Scheduling tasks in linux cron



Windows has scheduled tasks which most people are only halfway aware of. Linux has very powerful scheduling capabilities coming from it’s unix heritage. cron is the daemon that deals with scheduled tasks under most linux distributions. There are a couple ways that you can schedule cron tasks. The first is from the command line.


Open a console and become the user that you want to schedule tasks for.

Now type crontab -e

This brings up the editor for your crontab or your cron table, which is a list of commands to run and times to run them.

If your new to vi this can be frustrating, vi is the default text editor for most distributions. *(I’ve seen pico in some places.) If it’s pico you can start typing with no problems, if it’s vi, you’ll need to press the insert key first (or the letter i)…

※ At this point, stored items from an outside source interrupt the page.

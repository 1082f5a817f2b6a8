-- ===== src/Strategies/Adaptive.antt =====
-- src/strategies/adaptive.rs: the receding-horizon rule with live volatility and depth.
pub mod Seller
use Prim.Native.Nat.{max}
use strata_exec.Prelude.{ℕ, ◌+◌, ◌-◌, Bool, true, false, not, ◌||◌, List, [], ◌∷◌, if◌then◌else◌}
use strata_exec.Float.{Float, ◌⊕◌, ◌⊖◌, ◌⊗◌, ◌⊘◌, ◌<?◌, ◌≤?◌, lit, nought, one, fmax, fabs, clamp}
use strata_exec.Events.{Order, market_sell, SimEvent, time_tick, order_filled, partial_fill}
use strata_exec.Market.{MarketState, LiquiditySnapshot, depth_metric}
use strata_exec.Strategies.Ids.{OrderIds, fetch_add}
use strata_exec.Strategies.AlmgrenChriss.{clamp_horizon}

pub record AdaptiveOptimalStrategy (F : Type 0) : Type 0 where
  pub eta : F
  pub lambda : F
  pub liquidity_ref : F
  pub alpha : F
  pub beta : F
  pub remaining_notional : F
  pub initial_horizon : ℕ
  pub current_step : ℕ
  pub completed : Bool

module _ {F : Type 0} ⦃f : Float F⦄ where
  -- The horizon that the constructor, and the scheduler's, derive from the parameters.
  unfoldable pub derived_horizon : F → F → F → ℕ
  unfolding fmax
  derived_horizon eta lambda sigma_ref =
      let sigma = fmax sigma_ref (lit 1 8) in
      let kappa = f.sqrt (lambda ⊗ sigma ⊗ sigma ⊘ eta) in
      clamp_horizon (f.ceil_usize (lit 3 0 ⊘ (kappa ⊕ lit 1 12)))

  unfoldable pub new_adaptive : F → F → F → F → F → AdaptiveOptimalStrategy F
  unfolding derived_horizon
  new_adaptive eta lambda liquidity_ref sigma_ref total_notional = record {
    eta = eta;
    lambda = lambda;
    liquidity_ref = liquidity_ref;
    alpha = lit 1 2;
    beta = lit 5 3;
    remaining_notional = total_notional;
    initial_horizon = if nought <? eta then derived_horizon eta lambda sigma_ref else 50;
    current_step = 0;
    completed = false;
  }

  unfoldable pub predict_slippage : AdaptiveOptimalStrategy F → F → F → F → F
  unfolding fmax
  predict_slippage s chunk liq volatility =
      s.alpha ⊗ (chunk ⊘ fmax liq (lit 1 8)) ⊕ s.beta ⊗ volatility

  -- `q_t` before it is clamped.
  unfoldable pub proposed : F → F → ℕ → F
  unfolding fabs
  proposed kappa_t remaining_inventory remaining_horizon =
      let rh = f.of_usize remaining_horizon in
      let sinh_denom = f.sinh (kappa_t ⊗ rh) in
      if kappa_t <? lit 1 12
      then remaining_inventory ⊘ rh
      else if not (f.is_finite sinh_denom) || fabs sinh_denom <? lit 1 15
      then remaining_inventory ⊘ rh
      else remaining_inventory ⊖ remaining_inventory ⊗ f.sinh (kappa_t ⊗ (rh ⊖ one)) ⊘ sinh_denom

  unfoldable pub compute_chunk : AdaptiveOptimalStrategy F → F → LiquiditySnapshot F → F → ℕ → F
  unfolding proposed clamp fmax
  compute_chunk s volatility liquidity remaining_inventory remaining_horizon =
      let sigma_t = fmax volatility (lit 1 8) in
      let depth_t = depth_metric liquidity in
      let eta_t = s.eta ⊗ clamp (s.liquidity_ref ⊘ fmax depth_t (lit 1 8)) (lit 25 2) (lit 4 0) in
      let kappa_t = f.sqrt (s.lambda ⊗ sigma_t ⊗ sigma_t ⊘ eta_t) in
      clamp (proposed kappa_t remaining_inventory (max remaining_horizon 1)) nought
        remaining_inventory

  unfoldable pub record_fill : AdaptiveOptimalStrategy F → F → AdaptiveOptimalStrategy F
  record_fill s qty =
      let remaining = s.remaining_notional ⊖ qty in
      let over = remaining ≤? lit 1 8 in
      record s {
        remaining_notional = if over then nought else remaining;
        completed = if over then true else s.completed;
      }

  unfoldable pub on_tick :
      OrderIds
      → AdaptiveOptimalStrategy F
      → MarketState F
      → OrderIds × AdaptiveOptimalStrategy F × List (Order F)
  unfolding compute_chunk fetch_add
  on_tick ids s market =
      let chunk =
        compute_chunk s market.volatility market.liquidity s.remaining_notional
          (s.initial_horizon - s.current_step) in
      let s' = record s { current_step = s.current_step + 1 } in
      if s.completed
      then (ids, s, [])
      else if lit 1 10 <? chunk
      then (
        record ids { adaptive = fetch_add ids.adaptive },
        s',
        market_sell ids.adaptive "AdaptiveOptimal" chunk ∷ [],
      )
      else (ids, s', [])

  unfoldable pub on_event :
      OrderIds
      → AdaptiveOptimalStrategy F
      → SimEvent F
      → MarketState F
      → OrderIds × AdaptiveOptimalStrategy F × List (Order F)
  unfolding on_tick record_fill
  on_event ids s (time_tick _) market = on_tick ids s market
  on_event ids s (order_filled _ qty _ _) market = (ids, record_fill s qty, [])
  on_event ids s (partial_fill _ filled _ _) market = (ids, record_fill s filled, [])
  on_event ids s _ market = (ids, s, [])
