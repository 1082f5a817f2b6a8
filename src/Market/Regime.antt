-- ===== src/Market/Regime.antt =====
-- src/market/regime.rs: the joint volatility and liquidity regime.
use Prim.Native.String.{String}
use strata_exec.Prelude.{if◌then◌else◌}
use strata_exec.Float.{Float, ◌⊗◌, ◌<?◌, lit}

pub data VolRegime : Type 0 where
  low : VolRegime
  normal : VolRegime
  high : VolRegime

pub data LiqRegime : Type 0 where
  deep : LiqRegime
  normal : LiqRegime
  thin : LiqRegime

pub record MarketRegime : Type 0 where
  pub vol : VolRegime
  pub liq : LiqRegime

unfoldable pub regime_label : VolRegime → LiqRegime → String
regime_label VolRegime.low LiqRegime.deep = "low-vol/deep"
regime_label VolRegime.low LiqRegime.normal = "low-vol/normal"
regime_label VolRegime.low LiqRegime.thin = "low-vol/thin"
regime_label VolRegime.normal LiqRegime.deep = "normal/deep"
regime_label VolRegime.normal LiqRegime.normal = "normal/normal"
regime_label VolRegime.normal LiqRegime.thin = "normal/thin"
regime_label VolRegime.high LiqRegime.deep = "high-vol/deep"
regime_label VolRegime.high LiqRegime.normal = "high-vol/normal"
regime_label VolRegime.high LiqRegime.thin = "high-vol/thin"

unfoldable pub label : MarketRegime → String
unfolding regime_label
label r = regime_label r.vol r.liq

module _ {F : Type 0} ⦃f : Float F⦄ where
  unfoldable pub classify : F → F → F → F → MarketRegime
  classify sigma sigma_ref half_spread spread_ref = record {
    vol =
        if sigma <? lit 6 1 ⊗ sigma_ref
        then VolRegime.low
        else if lit 14 1 ⊗ sigma_ref <? sigma
        then VolRegime.high
        else VolRegime.normal;
    liq =
        if half_spread <? lit 7 1 ⊗ spread_ref
        then LiqRegime.deep
        else if lit 13 1 ⊗ spread_ref <? half_spread
        then LiqRegime.thin
        else LiqRegime.normal;
  }
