-- ===== src/Strategies/RegimeAc.antt =====
-- src/strategies/regime_ac.rs: the Almgren-Chriss rule with an urgency that follows the regime.
pub mod Horizon
use Prim.Native.Nat.{max}
use Prim.Native.String.{String}
use strata_exec.Prelude.{
  ℕ, ◌+◌, ◌-◌, Bool, true, false, not, ◌||◌, Option, none, some, List, [], ◌∷◌, ◌++◌, ◌==◌, leb,
  if◌then◌else◌, length,
}
use strata_exec.Float.{Float, ◌⊖◌, ◌⊗◌, ◌⊘◌, ◌<?◌, ◌≤?◌, lit, nought, fmin, fmax, fabs, fsum}
use strata_exec.Market.Regime.{VolRegime, LiqRegime, MarketRegime, classify, label}

pub record RegimeAcParams (F : Type 0) : Type 0 where
  pub lambda_low_vol_deep : F
  pub lambda_normal : F
  pub lambda_high_vol : F
  pub lambda_thin_liq : F
  pub lambda_high_vol_thin : F

pub record RegimeAcStrategy (F : Type 0) : Type 0 where
  pub params : RegimeAcParams F
  pub remaining : F
  pub horizon : ℕ
  pub steps_taken : ℕ
  pub eta : F
  pub sigma_ref : F
  pub spread_ref : F
  pub current_regime : Option MarketRegime
  pub regime_history : List String
  pub warmup_steps : ℕ
  pub warmed_up : Bool
  pub sigma_warmup : List F
  pub spread_warmup : List F

-- The `match` of `effective_lambda`, first arm first.
unfoldable pub lambda_for : {F : Type 0} → VolRegime → LiqRegime → RegimeAcParams F → F
lambda_for VolRegime.low LiqRegime.deep params = params.lambda_low_vol_deep
lambda_for VolRegime.high LiqRegime.thin params = params.lambda_high_vol_thin
lambda_for VolRegime.high _ params = params.lambda_high_vol
lambda_for _ LiqRegime.thin params = params.lambda_thin_liq
lambda_for _ _ params = params.lambda_normal

unfoldable pub effective_lambda : {F : Type 0} → MarketRegime → RegimeAcParams F → F
unfolding lambda_for
effective_lambda regime params = lambda_for regime.vol regime.liq params

module _ {F : Type 0} ⦃f : Float F⦄ where
  abbrev pub default_params : RegimeAcParams F
  default_params = record {
    lambda_low_vol_deep = lit 1 4;
    lambda_normal = lit 1 4;
    lambda_high_vol = lit 1 2;
    lambda_thin_liq = lit 1 2;
    lambda_high_vol_thin = lit 5 2;
  }

  unfoldable pub new_regime_ac : F → ℕ → F → F → F → RegimeAcStrategy F
  new_regime_ac total_inventory horizon eta sigma_ref spread_ref = record {
    params = default_params;
    remaining = total_inventory;
    horizon = horizon;
    steps_taken = 0;
    eta = eta;
    sigma_ref = sigma_ref;
    spread_ref = spread_ref;
    current_regime = none;
    regime_history = [];
    warmup_steps = 50;
    warmed_up = false;
    sigma_warmup = [];
    spread_warmup = [];
  }

  unfoldable with_params : RegimeAcStrategy F → RegimeAcParams F → RegimeAcStrategy F
  with_params s params = record s { params = params }

  unfoldable pub is_complete : RegimeAcStrategy F → Bool
  is_complete s = s.remaining ≤? lit 1 8

  abbrev pub remaining_horizon : RegimeAcStrategy F → ℕ
  remaining_horizon s = max (s.horizon - s.steps_taken) 1

  -- `trade_qty` of both phases, for the urgency and the volatility at hand.
  unfoldable pub trade_qty : RegimeAcStrategy F → F → F → F
  unfolding fabs
  trade_qty s lambda sigma =
      let kappa = if lit 1 15 <? s.eta then f.sqrt (lambda ⊗ sigma ⊗ sigma ⊘ s.eta) else nought in
      let rh = f.of_usize (remaining_horizon s) in
      let sinh_denom = f.sinh (kappa ⊗ rh) in
      if kappa ⊗ rh <? lit 1 6
      then s.remaining ⊘ rh
      else if not (f.is_finite sinh_denom) || fabs sinh_denom <? lit 1 15
      then s.remaining ⊘ rh
      else s.remaining ⊗ kappa ⊘ sinh_denom

  -- The last step sweeps up the residue; the others are clamped to what remains.
  unfoldable pub final_qty : RegimeAcStrategy F → F → F
  unfolding fmin fmax
  final_qty s trade =
      if remaining_horizon s == 1 then s.remaining else fmax (fmin trade s.remaining) nought

  -- The steps counted and the inventory taken off, as both phases end.
  unfoldable pub settle : RegimeAcStrategy F → F → RegimeAcStrategy F × F
  settle s qty =
      let left = s.remaining ⊖ qty in
      (
        record s {
          steps_taken = s.steps_taken + 1;
          remaining = if left ≤? lit 1 8 then nought else left;
        },
        qty,
      )

  unfoldable pub compute_baseline_trade : RegimeAcStrategy F → F → RegimeAcStrategy F × F
  unfolding settle final_qty trade_qty
  compute_baseline_trade s sigma =
      let sigma_for_kappa = if lit 1 15 <? sigma then sigma else s.sigma_ref in
      settle s (final_qty s (trade_qty s s.params.lambda_normal sigma_for_kappa))

  abbrev pub mean : List F → F
  mean xs = fsum xs ⊘ f.of_usize (length xs)

  -- The observations of a warm-up step, and the calibration on the last of them.
  unfoldable pub observe : RegimeAcStrategy F → F → F → RegimeAcStrategy F
  unfolding fsum
  observe s sigma half_spread =
      let sigmas = s.sigma_warmup ++ sigma ∷ [] in
      let spreads =
        if lit 1 15 <? half_spread then s.spread_warmup ++ half_spread ∷ [] else s.spread_warmup in
      let ready = leb s.warmup_steps (length sigmas) in
      record s {
        sigma_warmup = sigmas;
        spread_warmup = spreads;
        sigma_ref = if ready then mean sigmas else s.sigma_ref;
        spread_ref =
            if ready
            then (elim spreads [ [] ↦ s.spread_ref | x ∷ xs ↦ mean (x ∷ xs) ])
            else s.spread_ref;
        warmed_up = if ready then true else s.warmed_up;
        regime_history = s.regime_history ++ "warmup" ∷ [];
      }

  unfoldable pub active_step : RegimeAcStrategy F → F → F → RegimeAcStrategy F × F
  unfolding settle final_qty trade_qty effective_lambda classify
  active_step s sigma half_spread =
      let regime = classify sigma s.sigma_ref half_spread s.spread_ref in
      let qty = final_qty s (trade_qty s (effective_lambda regime s.params) sigma) in
      settle
        (record s {
          regime_history = s.regime_history ++ label regime ∷ [];
          current_regime = some regime;
        })
        qty

  unfoldable pub on_block : RegimeAcStrategy F → F → F → RegimeAcStrategy F × F
  unfolding is_complete observe compute_baseline_trade active_step
  on_block s sigma half_spread =
      if is_complete s
      then (s, nought)
      else if s.warmed_up
      then active_step s sigma half_spread
      else compute_baseline_trade (observe s sigma half_spread) sigma
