-- ===== src/Engine/Scheduler.antt =====
-- src/engine/scheduler.rs: the block scheduler, which books chunks of the notional in one of five
-- modes, two of which bypass the risk manager.
pub mod Progress
pub mod Bypass
pub mod Limits
pub mod Twap
use Prim.Native.Nat.{max}
use strata_exec.Prelude.{
  ℕ, ◌+◌, ◌-◌, Bool, true, false, ◌||◌, Option, none, some, List, [], ◌∷◌, ltb, get_elem?,
  if◌then◌else◌, Result, ok, err,
}
use strata_exec.Float.{Float, ◌⊖◌, ◌⊗◌, ◌<?◌, ◌≤?◌, ◌=?◌, lit, nought, fmin, fmax}
use strata_exec.Market.{LiquiditySnapshot, depth_metric}
use strata_exec.Engine.Risk.{RiskManager, Denial, request_execute_chunk}
use strata_exec.Strategies.AlmgrenChriss
use strata_exec.Strategies.AlmgrenChriss.{AlmgrenChriss, ModelError, new_model}
use strata_exec.Strategies.Heuristic
use strata_exec.Strategies.Heuristic.{HeuristicStrategy, new_heuristic}
use strata_exec.Strategies.Adaptive
use strata_exec.Strategies.Adaptive.{AdaptiveOptimalStrategy, new_adaptive, derived_horizon}
use strata_exec.Strategies.RegimeAc
use strata_exec.Strategies.RegimeAc.{RegimeAcStrategy, new_regime_ac}

pub data ExecutionMode : Type 0 where
  twap heuristic optimal adaptive_optimal regime_ac : ExecutionMode

pub record Scheduler (F : Type 0) : Type 0 where
  pub risk : RiskManager F
  pub total_notional : F
  pub remaining_notional : F
  pub completed : Bool
  pub mode : ExecutionMode
  pub execution_schedule : Option (List F)
  pub current_step : ℕ
  pub heuristic : HeuristicStrategy F
  pub adaptive : AdaptiveOptimalStrategy F
  pub regime_ac : Option (RegimeAcStrategy F)
  pub twap_qty_per_step : F
  pub eta : F
  pub lambda : F
  pub sigma_ref : F
  pub initial_horizon : ℕ
  pub current_half_spread : F

unfoldable pub is_ok : {E A : Type 0} → Result E A → Bool
is_ok (ok a) = true
is_ok (err e) = false

module _ {F : Type 0} ⦃f : Float F⦄ where
  unfoldable pub first_horizon : ExecutionMode → F → F → F → Option ℕ → ℕ
  unfolding derived_horizon
  first_horizon mode eta lambda sigma_ref (some h) = max h 1
  first_horizon ExecutionMode.adaptive_optimal eta lambda sigma_ref none =
      if nought <? eta then derived_horizon eta lambda sigma_ref else 0
  first_horizon _ eta lambda sigma_ref none = 0

  unfoldable pub first_regime_ac : ExecutionMode → F → ℕ → F → F → Option (RegimeAcStrategy F)
  unfolding new_regime_ac
  first_regime_ac ExecutionMode.regime_ac total_notional horizon eta sigma_ref =
      some (new_regime_ac total_notional (max horizon 1) eta sigma_ref (sigma_ref ⊗ lit 5 1))
  first_regime_ac _ total_notional horizon eta sigma_ref = none

  unfoldable pub new_scheduler :
      RiskManager F → F → F → F → F → ExecutionMode → F → F → Option ℕ → Scheduler F
  unfolding first_horizon first_regime_ac new_heuristic new_adaptive
  new_scheduler risk total_notional base_chunk sigma_ref liquidity_ref mode eta lambda override =
      let initial_horizon = first_horizon mode eta lambda sigma_ref override in
      record {
        risk = risk;
        total_notional = total_notional;
        remaining_notional = total_notional;
        completed = false;
        mode = mode;
        execution_schedule = none;
        current_step = 0;
        heuristic = new_heuristic base_chunk sigma_ref liquidity_ref total_notional;
        adaptive = new_adaptive eta lambda liquidity_ref sigma_ref total_notional;
        regime_ac = first_regime_ac mode total_notional initial_horizon eta sigma_ref;
        twap_qty_per_step = base_chunk;
        eta = eta;
        lambda = lambda;
        sigma_ref = sigma_ref;
        initial_horizon = initial_horizon;
        current_half_spread = nought;
      }

  unfoldable pub anchor : F → Option (RegimeAcStrategy F) → Option (RegimeAcStrategy F)
  unfolding fmax
  anchor half_spread none = none
  anchor half_spread (some rac) = some (
      if rac.spread_ref ≤? lit 1 15 || rac.spread_ref =? (rac.sigma_ref ⊗ lit 5 1)
      then record rac { spread_ref = fmax half_spread (lit 1 15) }
      else rac)

  unfoldable pub set_half_spread : Scheduler F → F → Scheduler F
  unfolding anchor
  set_half_spread s half_spread = record s {
    current_half_spread = half_spread;
    regime_ac = anchor half_spread s.regime_ac;
  }

  unfoldable pub book : Scheduler F → F → Scheduler F
  book s chunk =
      let remaining = s.remaining_notional ⊖ chunk in
      let over = remaining ≤? lit 1 8 in
      record s {
        remaining_notional = if over then nought else remaining;
        completed = if over then true else s.completed;
      }

  -- The chunk is booked where the test allows it, and the other scheduler taken where not.
  unfoldable pub book_or : Bool → Scheduler F → F → Scheduler F → Scheduler F
  unfolding book
  book_or true s chunk other = book s chunk
  book_or false s chunk other = other

  -- The chunk is booked and the step counted where the risk manager allowed it.
  unfoldable pub book_step : Bool → Scheduler F → F → Scheduler F
  unfolding book
  book_step true s chunk = let s' = book s chunk in record s' { current_step = s'.current_step + 1 }
  book_step false s chunk = s

  -- `request_execute_chunk` on the scheduler's risk manager, and whether it said `ok`.
  unfoldable pub ask_risk : Scheduler F → F → F → Scheduler F × Bool
  unfolding is_ok request_execute_chunk
  ask_risk s chunk predicted_slippage =
      let (risk, answer) = request_execute_chunk s.risk chunk predicted_slippage in
      (record s { risk = risk }, is_ok answer)

  unfoldable pub on_block_twap : Scheduler F → Scheduler F
  unfolding fmin
  on_block_twap s =
      let chunk = fmin s.twap_qty_per_step s.remaining_notional in
      book_or (lit 1 10 <? chunk) s chunk s

  unfoldable pub on_block_heuristic : Scheduler F → F → LiquiditySnapshot F → Scheduler F
  unfolding ask_risk fmin
  on_block_heuristic s volatility liquidity =
      let (h, chunk) =
        Heuristic.compute_chunk s.heuristic volatility liquidity s.remaining_notional in
      let s0 = record s { heuristic = h } in
      let liq = depth_metric liquidity in
      let (s1, whole) = ask_risk s0 chunk (Heuristic.predict_slippage h chunk liq volatility) in
      let half = fmin (chunk ⊗ lit 5 1) s1.remaining_notional in
      let (s2, halved) = ask_risk s1 half (Heuristic.predict_slippage h half liq volatility) in
      book_or whole s1 chunk (book_or halved s2 half s2)

  -- `self.execution_schedule` once it is there.
  unfoldable pub follow_schedule :
      Scheduler F → F → LiquiditySnapshot F → List F → Option F → Scheduler F
  unfolding ask_risk fmin
  follow_schedule s volatility liquidity trades none = record s {
    remaining_notional = nought;
    completed = true;
  }
  follow_schedule s volatility liquidity trades (some trade) =
      let chunk = fmin trade s.remaining_notional in
      let (s1, allowed) =
        ask_risk s chunk
          (Adaptive.predict_slippage s.adaptive chunk (depth_metric liquidity) volatility) in
      book_step allowed s1 chunk

  -- The schedule that is there, or the one built from a model and stored with the step reset.
  unfoldable pub with_model :
      Scheduler F → Result (ModelError F) (AlmgrenChriss F) → Result (ModelError F) (Scheduler F)
  with_model s (err e) = err e
  with_model s (ok m) =
      ok (record s { execution_schedule = some (AlmgrenChriss.schedule m); current_step = 0 })

  unfoldable pub with_schedule :
      Scheduler F → F → Option (List F) → Result (ModelError F) (Scheduler F)
  unfolding with_model
  with_schedule s volatility (some trades) = ok s
  with_schedule s volatility none = with_model s (
      new_model s.total_notional s.eta s.lambda
        (if nought <? volatility then volatility else s.sigma_ref)
        (if ltb 0 s.initial_horizon then some s.initial_horizon else none))

  unfoldable pub step_schedule :
      Scheduler F → F → LiquiditySnapshot F → Option (List F) → Scheduler F
  unfolding follow_schedule
  step_schedule s volatility liquidity none = s
  step_schedule s volatility liquidity (some trades) =
      follow_schedule s volatility liquidity trades (get_elem? trades s.current_step)

  unfoldable pub after_schedule :
      Scheduler F
      → F
      → LiquiditySnapshot F
      → Result (ModelError F) (Scheduler F)
      → Scheduler F × Result (ModelError F) (Unit {0})
  unfolding step_schedule
  after_schedule s volatility liquidity (err e) = (s, err e)
  after_schedule s volatility liquidity (ok s') =
      (step_schedule s' volatility liquidity s'.execution_schedule, ok tt)

  unfoldable pub on_block_optimal :
      Scheduler F → F → LiquiditySnapshot F → Scheduler F × Result (ModelError F) (Unit {0})
  unfolding with_schedule after_schedule
  on_block_optimal s volatility liquidity =
      after_schedule s volatility liquidity (with_schedule s volatility s.execution_schedule)

  unfoldable pub on_block_adaptive_optimal : Scheduler F → F → LiquiditySnapshot F → Scheduler F
  unfolding ask_risk
  on_block_adaptive_optimal s volatility liquidity =
      let q_t =
        Adaptive.compute_chunk s.adaptive volatility liquidity s.remaining_notional
          (s.initial_horizon - s.current_step) in
      let (s1, allowed) =
        ask_risk s q_t
          (Adaptive.predict_slippage s.adaptive q_t (depth_metric liquidity) volatility) in
      book_step allowed s1 q_t

  unfoldable pub step_regime : Scheduler F → F → Option (RegimeAcStrategy F) → Scheduler F
  step_regime s volatility none = s
  step_regime s volatility (some rac) =
      let (rac', qty) = RegimeAc.on_block rac volatility s.current_half_spread in
      let s' = record s { regime_ac = some rac' } in book_or (lit 1 10 <? qty) s' qty s'

  unfoldable pub in_mode :
      ExecutionMode
      → Scheduler F
      → F
      → LiquiditySnapshot F
      → Scheduler F × Result (ModelError F) (Unit {0})
  unfolding on_block_twap on_block_heuristic on_block_optimal on_block_adaptive_optimal step_regime
  in_mode ExecutionMode.twap s volatility liquidity = (on_block_twap s, ok tt)
  in_mode ExecutionMode.heuristic s volatility liquidity =
      (on_block_heuristic s volatility liquidity, ok tt)
  in_mode ExecutionMode.optimal s volatility liquidity = on_block_optimal s volatility liquidity
  in_mode ExecutionMode.adaptive_optimal s volatility liquidity =
      (on_block_adaptive_optimal s volatility liquidity, ok tt)
  in_mode ExecutionMode.regime_ac s volatility liquidity =
      (step_regime s volatility s.regime_ac, ok tt)

  unfoldable pub on_block :
      Scheduler F → F → LiquiditySnapshot F → Scheduler F × Result (ModelError F) (Unit {0})
  unfolding in_mode
  on_block s volatility liquidity =
      if s.completed then (s, ok tt) else in_mode s.mode s volatility liquidity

Anyway, if you don’t have any scheduled jobs you’ll start out with a blank slate…

The format for entries is something like this…

00 14 * * * /home/userdir/scripts/starttunnel

The first 5 columns control WHEN a job runs. the first column is minutes, the second hours, the third is the day of the month, the fourth is for the month of the year and the 5th column is for the day of the week. After that you can enter the absolute path to the command or script that you want to run. Asterisks mean to match anything, so the above runs EVERY day at 14:00 hours *(2PM)

Let’s say, I want the above script to run at 12:36 PM on July 3rd each year…
36 12 3 7 * /home/userdir/scripts/starttunnel

As for the days of the week, 0 and 7 both refer to Sunday, 1 is Monday, 2 Tuesday, 3 Wednesday, 4 Thursday, 5 Friday and 6 Saturday… So we could make the above run only for those years where July 3rd is a Friday by doing this…

36 12 3 7 5 /home/userdir/scripts/starttunnel

Multiple run times are fairly easy too… Let’s say we want the script to run every thirty minutes…

0,30 * * * * /home/userdir/scripts/starttunnel

This one runs at 0 and 30 of each hour every day. If you’re using vi, you’ll need to press escape, then :wq (colon followed by wq) and enter to write and quit. Under pico ctrl-o to write the file and ctrl-x quits.